Beowulf & Grendel
Movie Rating: (R) | Critic: B+
Holy Venerable Bede. It’s ‘‘Beowulf” time.
Someone else finally has noticed that Seamus Heaney’s acclaimed 1999 translation of ‘‘Beowulf” was a bestseller.
Recently, a Julie Taymor-directed opera titled ‘‘Grendel,” based on the 1971 novel by John Gardner and featuring a 20-ton piece of scenery, debuted in New York City. In December, Robert Zemeckis will unveil a new animated ‘‘Beowulf” with Angelina Jolie supplying the voice of the monster’s mother.

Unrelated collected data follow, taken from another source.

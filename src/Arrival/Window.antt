-- ===== src/Arrival/Window.antt =====
-- What the deduplication of arrivals promises
-- (services/arrival-service/app/core/dedup.py).
use hot_sot.Base.{
  and-left, and-right, not, ◌&&◌, ℕ, ◌+◌, ◌≤◌, ◌<◌, ◌≡◌, refl, sym, ap, ◌∙◌, Bool, true, false,
  List, [], ◌∷◌, ltb, arith, Bool-cases, inl, inr,
}
use hot_sot.Arrival.Dedup.{
  Key, same_key, Redis, Signal, Link, no_client, up, refuses, breaks, redis_key, marked,
  is_duplicate,
}

same_key_refl : (k : Key) → same_key k k ≡ true
same_key_refl k = ground arith

same_key-eq : (k j : Key) → same_key k j ≡ true → k ≡ j
same_key-eq k j h = ground arith

not_before : (a b : ℕ) → ltb a b ≡ false → b ≤ a
not_before a b h = ground arith

before : (a b : ℕ) → a < b → ltb a b ≡ true
before a b h = ground arith

pub data Event : Type 0 where
  call : Signal → ℕ → Link → Event
  late_write : Signal → ℕ → Event

-- Whether the writes on their own come at a time or after it.
abbrev pub writes_from : ℕ → List Event → Bool
writes_from start [] = true
writes_from start (call e now link ∷ es) = writes_from start es
writes_from start (late_write e now ∷ es) = not (ltb now start) && writes_from start es

module _ {S : Type 0} (redis : Redis S) (digest : ℕ → ℕ → ℕ → ℕ) where
  -- One event on the server: a whole call, or the SETEX of a call whose EXISTS was answered before.
  unfoldable pub after : Event → S → S
  after (call e now link) s = (is_duplicate redis digest e now link s).0
  after (late_write e now) s = (marked redis digest false (redis_key redis digest e) now up s).0

  unfoldable pub afters : List Event → S → S
  afters [] s = s
  afters (e ∷ es) s = afters es (after e s)

  marked-expiry :
      (b : Bool) (k j : Key) (now : ℕ) (link : Link) (s : S)
      → redis.exists s k now ≡ b
      → redis.expiry s j ≤ redis.expiry (marked redis digest b k now link s).0 j
  marked-expiry true k j now link s h = omega arith
  marked-expiry false k j now no_client s h = omega arith
  marked-expiry false k j now refuses s h = omega arith
  marked-expiry false k j now breaks s h = omega arith
  marked-expiry false k j now up s h = elim (Bool-cases (same_key j k)) [
    | inl same ↦
        let e : j ≡ k = same_key-eq j k same in
        let old : redis.expiry s k ≤ now =
          not_before now (redis.expiry s k) (sym (redis.exists_until s k now) ∙ h) in
        rw (redis.expiry-setex, same) (omega (arith, ap (redis.expiry s) e, old))
    | inr other ↦ rw (redis.expiry-setex, other) (omega arith)
  ]

  call-expiry :
      (e : Signal) (now : ℕ) (link : Link) (s : S) (j : Key)
      → redis.expiry s j ≤ redis.expiry (is_duplicate redis digest e now link s).0 j
  unfolding is_duplicate
  call-expiry e now no_client s j = omega arith
  call-expiry e now refuses s j = omega arith
  call-expiry e now up s j =
      marked-expiry (redis.exists s (redis_key redis digest e) now) (redis_key redis digest e) j now
        up s refl
  call-expiry e now breaks s j =
      marked-expiry (redis.exists s (redis_key redis digest e) now) (redis_key redis digest e) j now
        breaks s refl

  late-expiry :
      (e : Signal) (now : ℕ) (s : S) (j : Key) (end start : ℕ)
      → end ≤ start + 60
      → not (ltb now start) ≡ true
      → end ≤ redis.expiry s j
      → end ≤ redis.expiry (after (late_write e now) s) j
  unfolding after
  late-expiry e now s j end start h g k = rw (redis.expiry-setex) (ground (arith, h, g, k))

  afters-expiry :
      (es : List Event) (s : S) (j : Key) (end start : ℕ)
      → end ≤ start + 60
      → writes_from start es ≡ true
      → end ≤ redis.expiry s j
      → end ≤ redis.expiry (afters es s) j
  unfolding afters after
  afters-expiry [] s j end start h g k = k
  afters-expiry (call e now link ∷ es) s j end start h g k =
      afters-expiry es (is_duplicate redis digest e now link s).0 j end start h g
        (omega (arith, call-expiry e now link s j, k))
  afters-expiry (late_write e now ∷ es) s j end start h g k =
      afters-expiry es (after (late_write e now) s) j end start h
        (and-right (not (ltb now start)) (writes_from start es) g)
        (late-expiry e now s j end start h (and-left (not (ltb now start)) (writes_from start es) g)
          k)

  marked-accepted :
      (b : Bool) (k : Key) (now : ℕ) (link : Link) (s : S)
      → (marked redis digest b k now link s).1 ≡ false
      → redis.expiry (marked redis digest b k now link s).0 k ≡ now + 60
  marked-accepted true k now link s h = absurd cc
  marked-accepted false k now no_client s h = absurd cc
  marked-accepted false k now refuses s h = absurd cc
  marked-accepted false k now breaks s h = absurd cc
  marked-accepted false k now up s h = rw (redis.expiry-setex, same_key_refl) refl

  present :
      (e : Signal) (now : ℕ) (link : Link) (s : S)
      → now < redis.expiry s (redis_key redis digest e)
      → (is_duplicate redis digest e now link s).1 ≡ true
  unfolding is_duplicate
  present e now no_client s h = refl
  present e now refuses s h = refl
  present e now up s h =
      rw (redis.exists_until, before now (redis.expiry s (redis_key redis digest e)) h) refl
  present e now breaks s h =
      rw (redis.exists_until, before now (redis.expiry s (redis_key redis digest e)) h) refl

  -- After the SETEX of an accepted signal, whatever EXISTS saw before it, and whatever calls and late writes of
  -- other calls follow, the writes at no earlier time, each call that begins then with a signal of the same key,
  -- that of its tenant, user, order and 30 seconds, is a duplicate for 60 seconds of the server's clock, also
  -- where Redis fails.
  pub is_duplicate_again :
      (e f : Signal) (seen : Bool) (now later : ℕ) (first second : Link) (between : List Event)
      (s : S)
      → (marked redis digest seen (redis_key redis digest e) now first s).1 ≡ false
      → redis_key redis digest f ≡ redis_key redis digest e
      → writes_from now between ≡ true
      → later < now + 60
      → (is_duplicate redis digest f later second
          (afters between (marked redis digest seen (redis_key redis digest e) now first s).0)).1
        ≡ true
  is_duplicate_again e f seen now later first second between s ok same from soon =
      let t = (marked redis digest seen (redis_key redis digest e) now first s).0 in
      let accepted = marked-accepted seen (redis_key redis digest e) now first s ok in
      present f later second (afters between t) (
        omega (
          arith,
          ap (redis.expiry (afters between t)) same,
          afters-expiry between t (redis_key redis digest e) (now + 60) now (omega arith) from
              (omega (arith, accepted)),
          soon,
        ))
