-- ===== src/Arrival/Examples.antt =====
-- A Redis server of keys, signals of arrival, and the theorem on them at concrete inputs.
use hot_sot.Base.{ℕ, ◌+◌, ◌*◌, ◌≡◌, refl, true, false, List, [], ◌∷◌, ltb, if◌then◌else◌, arith}
use hot_sot.Arrival.Dedup.{
  Key, same_key, Redis, Signal, up, breaks, redis_key, marked, is_duplicate,
}
use hot_sot.Arrival.Window.{call, late_write, afters, is_duplicate_again}

abbrev expiry_in : List (Key × ℕ) → Key → ℕ
expiry_in [] j = 0
expiry_in ((k, until) ∷ s) j = if same_key j k then until else expiry_in s j

abbrev server : Redis (List (Key × ℕ))
server = record {
  exists = λ s k now. ltb now (expiry_in s k);
  setex = λ s k now seconds. (k, now + seconds) ∷ s;
  expiry = expiry_in;
  exists_until = λ s k now. refl;
  expiry-setex = λ s k j now seconds. refl;
}

abbrev digest : ℕ → ℕ → ℕ → ℕ
digest user order bucket = user * 1_000_000 + order * 1000 + bucket

abbrev at : ℕ → Signal
at timestamp = record { user_id = 5; order_id = 6; timestamp = timestamp; tenant_id = 2 }

-- Two seconds apart, but in two buckets: both are accepted.
neighbours :
    ((is_duplicate server digest (at 29) 100 up []).1 ≡ false)
    × ((is_duplicate server digest
          (at 31)
          102
          up
          (is_duplicate server digest (at 29) 100 up []).0).1
        ≡ false)
unfolding is_duplicate
neighbours = (refl, refl)

-- Two calls whose `exists` comes before either `setex`: both are accepted.
race :
    (marked server digest false
      (redis_key server digest (at 29))
      100
      up
      (marked server digest false (redis_key server digest (at 29)) 100 up []).0).1
    ≡ false
race = refl

is_duplicate_again_example :
    (is_duplicate server digest (at 10) 130 up (
      afters server digest
        (call (at 20) 110 up ∷ late_write (at 25) 112 ∷ call (at 31) 120 breaks ∷ [])
        (marked server digest false (redis_key server digest (at 5)) 100 up []).0)).1
    ≡ true
is_duplicate_again_example =
    is_duplicate_again server digest (at 5) (at 10) false 100 130 up up
      (call (at 20) 110 up ∷ late_write (at 25) 112 ∷ call (at 31) 120 breaks ∷ []) [] refl refl
      refl (omega arith)
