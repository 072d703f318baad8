-- ===== src/Auth.antt =====
-- shared/auth/jwt.py: `Tokens` has the tokens over the jose package, `Session` the revocation and the
-- dependencies that admit a user, the other children the theorems.
pub mod Tokens
pub mod Session
pub mod Admission
pub mod Revoked
mod Examples
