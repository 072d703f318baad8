-- ===== src/Auth/Tokens.antt =====
-- The tokens of shared/auth/jwt.py over the jose package, which is a parameter. A time is in whole seconds; a
-- text is a number, and the empty text is 0.
use hot_sot.Base.{
  ℕ, ◌+◌, ◌*◌, ◌≡◌, Bool, true, false, not, ◌&&◌, Option, none, some, List, [], ltb, ◌==◌,
  if◌then◌else◌,
}

pub data TokenType : Type 0 where
  access refresh : TokenType
  other_type : ℕ → TokenType

-- The claims of a payload that has them all; `extra` are the claims of other names.
pub record Claims : Type 0 where
  pub sub : ℕ
  pub tid : ℕ
  pub role : ℕ
  pub exp : ℕ
  pub iat : ℕ
  pub jti : ℕ
  pub iss : ℕ
  pub token_type : TokenType
  pub extra : List (ℕ × ℕ)

-- The settings: minutes of an access token, days of a refresh token, and the issuer.
pub record Settings : Type 0 where
  pub access_token_expire_minutes : ℕ
  pub refresh_token_expire_days : ℕ
  pub issuer : ℕ

-- What `jwt.decode` checks of signed claims: the expiry, if asked, which is in the past only after its second,
-- and the issuer, if one is given.
abbrev pub admits : Bool → Option ℕ → ℕ → Claims → Bool
admits verify_exp none now c = not (verify_exp && ltb c.exp now)
admits verify_exp (some i) now c = not (verify_exp && ltb c.exp now) && c.iss == i

abbrev pub admitted : Bool → Option ℕ → ℕ → Option Claims → Option Claims
admitted verify_exp issuer now none = none
admitted verify_exp issuer now (some c) = if admits verify_exp issuer now c then some c else none

-- The jose package with the secret: `signed` reads a token of this secret.
pub record Jose (T : Type 0) : Type 0 where
  pub encode : Claims → T
  pub signed : T → Option Claims
  pub decode : Bool → Option ℕ → ℕ → T → Option Claims
  pub signed-encode : (c : Claims) → signed (encode c) ≡ some c
  pub decode_signed :
      (v : Bool) (i : Option ℕ) (now : ℕ) (t : T) → decode v i now t ≡ admitted v i now (signed t)

abbrev pub is_access : TokenType → Bool
is_access access = true
is_access _ = false

abbrev is_refresh : TokenType → Bool
is_refresh refresh = true
is_refresh _ = false

module _ {T : Type 0} (jose : Jose T) (settings : Settings) where
  -- The claims of `create_access_token`, with the clock and the new identifier.
  abbrev pub access_claims : ℕ → ℕ → ℕ → List (ℕ × ℕ) → ℕ → ℕ → Claims
  access_claims user_id tenant_id role extra_claims now jti = record {
    sub = user_id;
    tid = tenant_id;
    role = role;
    exp = now + settings.access_token_expire_minutes * 60;
    iat = now;
    jti = jti;
    iss = settings.issuer;
    token_type = access;
    extra = extra_claims;
  }

  unfoldable pub create_access_token : ℕ → ℕ → ℕ → List (ℕ × ℕ) → ℕ → ℕ → T
  create_access_token user_id tenant_id role extra_claims now jti =
      jose.encode (access_claims user_id tenant_id role extra_claims now jti)

  abbrev refresh_claims : ℕ → ℕ → ℕ → List (ℕ × ℕ) → ℕ → ℕ → Claims
  refresh_claims user_id tenant_id role extra_claims now jti = record {
    sub = user_id;
    tid = tenant_id;
    role = role;
    exp = now + settings.refresh_token_expire_days * 86_400;
    iat = now;
    jti = jti;
    iss = settings.issuer;
    token_type = refresh;
    extra = extra_claims;
  }

  unfoldable pub create_refresh_token : ℕ → ℕ → ℕ → List (ℕ × ℕ) → ℕ → ℕ → T
  create_refresh_token user_id tenant_id role extra_claims now jti =
      jose.encode (refresh_claims user_id tenant_id role extra_claims now jti)

  abbrev only : (TokenType → Bool) → Option Claims → Option Claims
  only wanted none = none
  only wanted (some c) = if wanted c.token_type then some c else none

  -- `decode_access_token`; none is the HTTPException of 401.
  unfoldable pub decode_access_token : ℕ → T → Option Claims
  decode_access_token now t = only is_access (jose.decode true (some settings.issuer) now t)

  unfoldable pub decode_refresh_token : ℕ → T → Option Claims
  decode_refresh_token now t = only is_refresh (jose.decode true (some settings.issuer) now t)

  abbrev pub pair : Option Claims → ℕ → ℕ → ℕ → Option (T × T)
  pair none now jti jti' = none
  pair (some c) now jti jti' = some (
    jose.encode (access_claims c.sub c.tid c.role c.extra now jti),
    jose.encode (refresh_claims c.sub c.tid c.role [] now jti'),
  )

  -- `refresh_access_token`, with the two new identifiers.
  unfoldable pub refresh_access_token : ℕ → ℕ → ℕ → T → Option (T × T)
  unfolding decode_refresh_token
  refresh_access_token now jti jti' t = pair (decode_refresh_token now t) now jti jti'
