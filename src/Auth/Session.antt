-- ===== src/Auth/Session.antt =====
-- The revocation of tokens and the dependencies that admit a user, of shared/auth/jwt.py, over a Redis server
-- given by the laws of its commands.
use hot_sot.Base.{
  ℕ, ◌≡◌, Bool, true, false, not, ◌&&◌, ◌||◌, Option, none, some, List, [], ◌∷◌, ltb, leb, ◌==◌,
  if◌then◌else◌,
}
use hot_sot.Auth.Tokens.{Claims, Settings, Jose, decode_access_token}

-- The blocklist, a sorted set of token identifiers by their expiry, and the keys of revoked users.
pub record Redis (S : Type 0) : Type 0 where
  pub score : S → ℕ → Option ℕ
  pub until : S → ℕ → ℕ
  pub zadd : S → ℕ → ℕ → S
  pub zremrangebyscore : S → ℕ → S
  pub set_user : S → ℕ → ℕ → ℕ → S
  pub score-zadd :
      (s : S) (jti j exp : ℕ)
      → score (zadd s jti exp) j ≡ (if jti == j then some exp else score s j)
  pub score-zremrangebyscore :
      (s : S) (j limit : ℕ)
      → score (zremrangebyscore s limit) j
        ≡ elim (score s j) [ none ↦ none | some e ↦ if leb e limit then none else some e ]
  pub score-set_user :
      (s : S) (u seconds now j : ℕ) → score (set_user s u seconds now) j ≡ score s j

-- The commands of a call: no client, answered, or refused.
pub data Link : Type 0 where
  no_client up refuses : Link

pub record User : Type 0 where
  pub user_id : ℕ
  pub tenant_id : ℕ
  pub role : ℕ
  pub jti : ℕ

-- What a dependency gives: the user, or the status code of an HTTPException.
pub data Admission : Type 0 where
  user : User → Admission
  http : ℕ → Admission

abbrev is_up : Link → Bool
is_up up = true
is_up _ = false

module _ {T S : Type 0} (jose : Jose T) (settings : Settings) (redis : Redis S) where
  unfoldable pub revoke_token : ℕ → ℕ → Link → S → S × Bool
  revoke_token jti expires_at up s = (redis.zadd s jti expires_at, true)
  revoke_token jti expires_at no_client s = (s, false)
  revoke_token jti expires_at refuses s = (s, false)

  abbrev is_there : Option ℕ → Bool
  is_there none = false
  is_there (some e) = true

  -- `is_revoked`: what is not known counts as revoked.
  unfoldable pub is_revoked : ℕ → Link → S → Bool
  is_revoked jti up s = is_there (redis.score s jti)
  is_revoked jti no_client s = true
  is_revoked jti refuses s = true

  unfoldable pub cleanup_expired : ℕ → Link → S → S
  cleanup_expired current_time up s = redis.zremrangebyscore s current_time
  cleanup_expired current_time no_client s = s
  cleanup_expired current_time refuses s = s

  unfoldable pub revoke_all_user_tokens : ℕ → ℕ → Link → S → S
  revoke_all_user_tokens user_id now up s = redis.set_user s user_id 86_400 now
  revoke_all_user_tokens user_id now no_client s = s
  revoke_all_user_tokens user_id now refuses s = s

  abbrev pub revoke_claims : Option Claims → Link → S → S × Bool
  revoke_claims none link s = (s, false)
  revoke_claims (some c) link s =
      if c.jti == 0 || c.exp == 0 then (s, false) else revoke_token c.jti c.exp link s

  -- `logout`, which decodes without a look at the expiry or the issuer.
  unfoldable pub logout : ℕ → T → Link → S → S × Bool
  unfolding revoke_token
  logout now t link s = revoke_claims (jose.decode false none now t) link s

  abbrev user_of : Claims → User
  user_of c = record { user_id = c.sub; tenant_id = c.tid; role = c.role; jti = c.jti }

  -- The tests of `get_current_user` on the claims of an access token, the two links being those of the two
  -- questions to Redis.
  abbrev pub checked : ℕ → Link → Link → S → Claims → Admission
  checked now first second s c =
      if not (c.jti == 0) && is_revoked c.jti first s
      then http 401
      else (if c.sub == 0
          then http 401
          else (if is_up second && not (ltb now (redis.until s c.sub))
              then user (user_of c)
              else http 401))

  abbrev pub admit : ℕ → Link → Link → S → Option Claims → Admission
  admit now first second s none = http 401
  admit now first second s (some c) = checked now first second s c

  unfoldable pub get_current_user : ℕ → Link → Link → Option T → S → Admission
  unfolding is_revoked
  get_current_user now first second none s = http 401
  get_current_user now first second (some t) s =
      admit now first second s (decode_access_token jose settings now t)

  abbrev pub contains : List ℕ → ℕ → Bool
  contains [] r = false
  contains (x ∷ xs) r = x == r || contains xs r

  -- `require_role`
  unfoldable require_role : List ℕ → Admission → Admission
  require_role allowed_roles (http code) = http code
  require_role allowed_roles (user u) = if contains allowed_roles u.role then user u else http 403

  -- `require_tenant`
  unfoldable require_tenant : Admission → Admission
  require_tenant (http code) = http code
  require_tenant (user u) = if u.tenant_id == 0 then http 403 else user u

  -- `extract_tenant_id`, by the token of a Bearer header.
  unfoldable extract_tenant_id : ℕ → Option T → Option ℕ
  extract_tenant_id now none = none
  extract_tenant_id now (some t) = elim (jose.decode true none now t) [
    | none ↦ none
    | some c ↦ some c.tid
  ]

  unfoldable extract_user_context : ℕ → Option T → Option User
  extract_user_context now none = none
  extract_user_context now (some t) = elim (jose.decode true none now t) [
    | none ↦ none
    | some c ↦ some (user_of c)
  ]
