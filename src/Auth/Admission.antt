-- ===== src/Auth/Admission.antt =====
-- Whom `get_current_user` admits (shared/auth/jwt.py).
use hot_sot.Base.{
  ℕ, ◌≡◌, refl, ap, ◌∙◌, Bool, true, false, not, ◌&&◌, ◌||◌, Option, none, some, ltb, ◌==◌,
  if◌then◌else◌, arith, Option-cases, inl, inr,
}
use hot_sot.Auth.Tokens.{Claims, Settings, Jose, admits, is_access, decode_access_token}
use hot_sot.Auth.Session.{
  Redis, Link, no_client, up, refuses, Admission, user, http, checked, admit, is_revoked,
  get_current_user,
}

abbrev pub is_user : Admission → Bool
is_user (user u) = true
is_user (http code) = false

abbrev pub answered : Link → Bool
answered up = true
answered _ = false

abbrev pub absent : Option ℕ → Bool
absent none = true
absent (some e) = false

module _ {T S : Type 0} (jose : Jose T) (settings : Settings) (redis : Redis S) where
  -- What `decode_access_token` makes of what the secret reads in a token.
  abbrev wanted : ℕ → Option Claims → Option Claims
  wanted now none = none
  wanted now (some c) =
      if is_access c.token_type && admits true (some settings.issuer) now c then some c else none

  decode_wanted :
      (t : T) (now : ℕ) → decode_access_token jose settings now t ≡ wanted now (jose.signed t)
  unfolding decode_access_token
  decode_wanted t now = elim (Option-cases (jose.signed t)) [
    | inl h ↦ ground (arith, jose.decode_signed true (some settings.issuer) now t, h)
    | inr (c, h) ↦ ground (arith, jose.decode_signed true (some settings.issuer) now t, h)
  ]

  checked_lem :
      (now : ℕ) (first second : Link) (s : S) (c : Claims)
      → is_user (checked jose settings redis now first second s c) ≡ (
          (c.jti == 0 || answered first && absent (redis.score s c.jti))
          && not (c.sub == 0)
          && answered second
          && not (ltb now (redis.until s c.sub)))
  unfolding is_revoked
  checked_lem now no_client second s c = ground arith
  checked_lem now up second s c = ground arith
  checked_lem now refuses second s c = ground arith

  -- Whether a payload that the secret reads is to be admitted, by the answers of Redis.
  abbrev pub is_admissible : ℕ → Link → Link → S → Option Claims → Bool
  is_admissible now first second s none = false
  is_admissible now first second s (some c) =
      (is_access c.token_type && admits true (some settings.issuer) now c)
      && (c.jti == 0 || answered first && absent (redis.score s c.jti))
      && not (c.sub == 0)
      && answered second
      && not (ltb now (redis.until s c.sub))

  -- `get_current_user` admits a token, whatever it is, exactly where it is signed with the secret, its payload
  -- is an access token of the issuer whose expiry is not past, it has no identifier or Redis answers that it
  -- is not revoked, it has a subject, and Redis answers that the subject is not revoked.
  pub get_current_user_lem :
      (t : T) (now : ℕ) (first second : Link) (s : S)
      → is_user (get_current_user jose settings redis now first second (some t) s)
        ≡ is_admissible now first second s (jose.signed t)
  unfolding get_current_user
  get_current_user_lem t now first second s =
      ap (λ x. is_user (admit jose settings redis now first second s x)) (decode_wanted t now)
      ∙ by_payload (jose.signed t)
    where
      either :
          (b : Bool) (c : Claims)
          → is_user (admit jose settings redis now first second s (if b then some c else none)) ≡ (
              b
              && (c.jti == 0 || answered first && absent (redis.score s c.jti))
              && not (c.sub == 0)
              && answered second
              && not (ltb now (redis.until s c.sub)))
      either true c = checked_lem now first second s c
      either false c = refl

      by_payload :
          (x : Option Claims)
          → is_user (admit jose settings redis now first second s (wanted now x))
            ≡ is_admissible now first second s x
      by_payload none = refl
      by_payload (some c) =
          either (is_access c.token_type && admits true (some settings.issuer) now c) c

  -- The same for a token that the settings' secret signed.
  pub get_current_user-encode :
      (c : Claims) (now : ℕ) (first second : Link) (s : S)
      → is_user (get_current_user jose settings redis now first second (some (jose.encode c)) s)
        ≡ is_admissible now first second s (some c)
  get_current_user-encode c now first second s =
      get_current_user_lem (jose.encode c) now first second s
      ∙ ap (is_admissible now first second s) (jose.signed-encode c)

Now we get the arthouse version. An Icelandic saga directed by Sturla Gunnarsson, ‘‘Beowulf & Grendel” features British actor Gerard Butler (better here than in ‘‘The Phantom of the Opera”) as Beowulf, the legendary Scandinavian warrior immortalized in the oldest surviving English-language epic.
Also in the fine cast are Swede Stellan Skarsgard as King Hrothgar, Canadian Sarah Polley as a comely witch and Icelander Ingvar Eggert Sigurdsson as bloodthirsty Grendel. Shot on location in vast, primordial Iceland, the film is a modest but successful – and even at times spectacular – attempt at retelling in English one of the oldest tales in the canon of Western civilization.
At a time when Christianity is making inroads into pagan Nordic culture, Beowulf and his warrior band arrive at Danish King Hrothgar’s Mead Hall to help the profligate old monarch defend his people from a marauding monster, a troll known as Grendel. That monster takes an appreciably humanoid shape in this version of the story, which also marks the first brief appearance by Grendel’s father and an attempt to justify Grendel’s hatred and to give the story an Oedipal element.
‘‘Beowulf & Grendel” suggests the epic takes place at a ‘‘Clan of the Cave Bear”-like time when Homo sapiens may have coexisted with a few remaining Neanderthals and that the trolls of our legends and fairy tales may be distant reminders of them.
Not only is Beowulf out to kill the ‘‘monster,” he’s in competition with him for the sexual favors of Polley’s Selma. The film even tantalizingly suggests Grendel’s ‘‘people” may persist to this day in our gene pool. This would explain some of the behavior of our politicians, if nothing else.
(‘‘Beowulf & Grendel” contains violence and sexual imagery.)